Recoupling dipolar interactions with multiple I=1 quadrupolar nuclei: A 11B{6Li} and 31P{6Li} rotational echo double resonance study of lithium borophosphate glasses.
Published in Solid State Nuclear Magnetic Resonance, 2017
Recommended citation: L.M. Funke, H. Bradtmüller, H. Eckert, “Recoupling dipolar interactions with multiple I=1 quadrupolar nuclei: A 11B{6Li} and 31P{6Li} rotational echo double resonance study of lithium borophosphate glasses”, Solid State Nuclear Magnetic Resonance, 2017, 84, 143−150. https://doi.org/10.1016/j.ssnmr.2017.02.004
The case of rotational echo double resonance (REDOR) experiments on the observe nuclei 11B and 31P interacting with multiple I=1 quadrupolar nuclei is analyzed in detail by SIMPSON simulations and experimental studies. The simulations define the region within the parameter space spanned by nutation frequency, quadrupolar coupling constant and spinning frequency where the parabolic analysis of the initial REDOR curve in terms of dipolar second moments has validity. The predictions are tested by experimental studies on the crystalline model compounds lithium diborate and lithium pyrophosphate, which are subsequently extended to measure dipolar second moments M2(11B{6Li}) and M2(31P{6Li}) in three borophosphate glasses.

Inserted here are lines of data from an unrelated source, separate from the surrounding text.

-- ===== src/Lock/Effects.antt =====
-- What the steps of lock.c do to the view of the state that forgets handles and signals.
use mathlib.Core.Path.{subst, fun_ext}
use reiser.Base.{
  ℕ, ◌+◌, ◌≡◌, refl, sym, ap, ◌∙◌, true, false, List, [], ◌∷◌, ◌++◌, if◌then◌else◌, if_cases,
  Bool-cases, inl, inr, put, put_at, put_map, put-put,
}
use reiser.Lock.State.{no_lock, is_read, Answer, Link, Zlock, Stack, World, put_zlock}
use reiser.Lock.Primitives.{
  signal_owners, signal_links, wake_up_all_lopri_owners, link_object, count_lock, lock_object,
  uncount_request, del_requestor, remove_lock_request, finish_request,
}
use reiser.Lock.Counting.{taken}
use reiser.Lock.View.{
  owner_ids, lock_nodes, Core, core, Thread, thread, IsView, zs_of, ts_of, IsWorld, put_same,
}
use reiser.Lock.ViewSteps.{grant_core, grant_thread}
use reiser.Lock.QueueSteps.{dequeue_core}

pub to_world :
    (w : World) {zs : ℕ → Core} {ts : ℕ → Thread}
    → zs_of w ≡ zs
    → ts_of w ≡ ts
    → IsView zs ts
    → IsWorld w
to_world w {zs} {ts} e f v = subst (λ a. IsView a (ts_of w)) (sym e) (subst (IsView zs) (sym f) v)

signal_links-ids : (ls : List Link) → owner_ids (signal_links ls) ≡ owner_ids ls
signal_links-ids [] = refl
signal_links-ids (l ∷ ls) = ap (λ us. l.owner ∷ us) (signal_links-ids ls)

signal_owners-thread :
    (ls : List Link) (stacks : ℕ → Stack) (t : ℕ)
    → thread (signal_owners ls stacks t) ≡ thread (stacks t)
unfolding signal_owners
signal_owners-thread [] stacks t = refl
signal_owners-thread (l ∷ ls) stacks t =
    let s = stacks l.owner in
    let s' = record s { nr_signaled = s.nr_signaled + 1; wakeup = true } in
    signal_owners-thread ls (if l.signaled then stacks else put stacks l.owner s') t
    ∙ if_cases (λ (f : ℕ → Stack). thread (f t) ≡ thread (stacks t)) l.signaled (λ e. refl)
        (λ e. put_same thread stacks l.owner s' refl t)

pub wake_up-zs : (w : World) (n : ℕ) → zs_of (wake_up_all_lopri_owners w n) ≡ zs_of w
unfolding wake_up_all_lopri_owners
wake_up-zs w n =
    let z = w.zlocks n in
    fun_ext (
      put_same core w.zlocks n (record z { owners = signal_links z.owners })
        (ap (λ (us : List ℕ). record (core z) { ids = us }) (signal_links-ids z.owners)))

pub wake_up-ts : (w : World) (n : ℕ) → ts_of (wake_up_all_lopri_owners w n) ≡ ts_of w
unfolding wake_up_all_lopri_owners
wake_up-ts w n = fun_ext (signal_owners-thread (w.zlocks n).owners w.stacks)

pub lock_nodes-append :
    (ls : List (ℕ × ℕ)) (h n : ℕ) → lock_nodes (ls ++ (h, n) ∷ []) ≡ lock_nodes ls ++ n ∷ []
lock_nodes-append [] h n = refl
lock_nodes-append ((k, m) ∷ ls) h n = ap (λ us. m ∷ us) (lock_nodes-append ls h n)

-- The node after a link is as if the counters and the list changed at once.
pub linked-zs :
    (w : World) (n : ℕ) (z : Zlock) (h t : ℕ)
    → zs_of (link_object (put_zlock w n z) h t n)
      ≡ put (zs_of w) n (record (core z) { ids = t ∷ owner_ids z.owners })
unfolding link_object
linked-zs w n z h t =
    let link : Link = record { handle = h; owner = t; signaled = false } in
    let add = λ (z : Zlock). record z { owners = link ∷ z.owners } in
    let cores : (ℕ → Zlock) → ℕ → Core = λ f k. core (f k) in
    ap cores (
      ap (λ (a : Zlock). put (put w.zlocks n z) n (add a)) (put_at w.zlocks n z)
      ∙ put-put w.zlocks n z (add z))
    ∙ put_map core w.zlocks n (add z)

pub linked-ts :
    (w : World) (n : ℕ) (h t : ℕ)
    → ts_of (link_object w h t n) ≡ put (ts_of w) t (grant_thread n (ts_of w t))
unfolding link_object
linked-ts w n h t =
    let s = w.stacks t in
    put_map thread w.stacks t (record s { locks = s.locks ++ (h, n) ∷ [] })
    ∙ ap (λ (us : List ℕ). put (ts_of w) t (record (ts_of w t) { nodes = us }))
        (lock_nodes-append s.locks h n)

pub lock_object-zs :
    (w : World) (t : ℕ)
    → let s = w.stacks t in
      let n = s.request.node in
      zs_of (lock_object w t)
      ≡ put (zs_of w) n (
          grant_core
            (taken (is_read s.request.mode) (w.zlocks n).nr_readers)
            s.curpri
            t
            (zs_of w n))
unfolding lock_object
lock_object-zs w t =
    let s = w.stacks t in
    let n = s.request.node in
    linked-zs w n (count_lock s.request.mode s.curpri (w.zlocks n)) s.request.handle t

pub lock_object-ts :
    (w : World) (t : ℕ)
    → ts_of (lock_object w t) ≡ put (ts_of w) t (grant_thread (w.stacks t).request.node (ts_of w t))
unfolding lock_object
lock_object-ts w t =
    let s = w.stacks t in
    let n = s.request.node in
    linked-ts (put_zlock w n (count_lock s.request.mode s.curpri (w.zlocks n))) n s.request.handle t

uncount-core :
    (z : Zlock) (s : Stack) (t : ℕ)
    → let z' = uncount_request s.request.mode s.curpri z in
      core (record z' { requestors = del_requestor t z'.requestors })
      ≡ dequeue_core (thread s) t (core z)
uncount-core z s t = elim (Bool-cases s.curpri) [ inl e ↦ rw e | inr e ↦ rw e ]

pub remove_lock_request-zs :
    (w : World) (t : ℕ)
    → let n = (w.stacks t).request.node in
      zs_of (remove_lock_request w t) ≡ put (zs_of w) n (dequeue_core (ts_of w t) t (zs_of w n))
unfolding remove_lock_request
remove_lock_request-zs w t =
    let s = w.stacks t in
    let n = s.request.node in
    let z = uncount_request s.request.mode s.curpri (w.zlocks n) in
    put_map core w.zlocks n (record z { requestors = del_requestor t z.requestors })
    ∙ ap (λ (c : Core). put (zs_of w) n c) (uncount-core (w.zlocks n) s t)

pub finish_request-ts :
    (w : World) (t : ℕ) (answer : Answer)
    → ts_of (finish_request w t answer) ≡ put (ts_of w) t (record (ts_of w t) { mode = no_lock })
unfolding finish_request
finish_request-ts w t answer =
    let s = w.stacks t in
    put_map thread w.stacks t
      (record s { request = record s.request { ret_code = answer; mode = no_lock }; wakeup = true })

The data indicate that the lithium cations interact significantly more strongly with the phosphate than with the borate species, despite the formally anionic character of four-coordinate boron and the formally neutral character of the ultraphosphate (P(3)) units to which they are linked.
Recommended citation: L.M. Funke, H. Bradtmüller, H. Eckert, “Recoupling dipolar interactions with multiple I=1 quadrupolar nuclei: A 11B{6Li} and 31P{6Li} rotational echo double resonance study of lithium borophosphate glasses”, Solid State Nuclear Magnetic Resonance, 2017, 84, 143−150.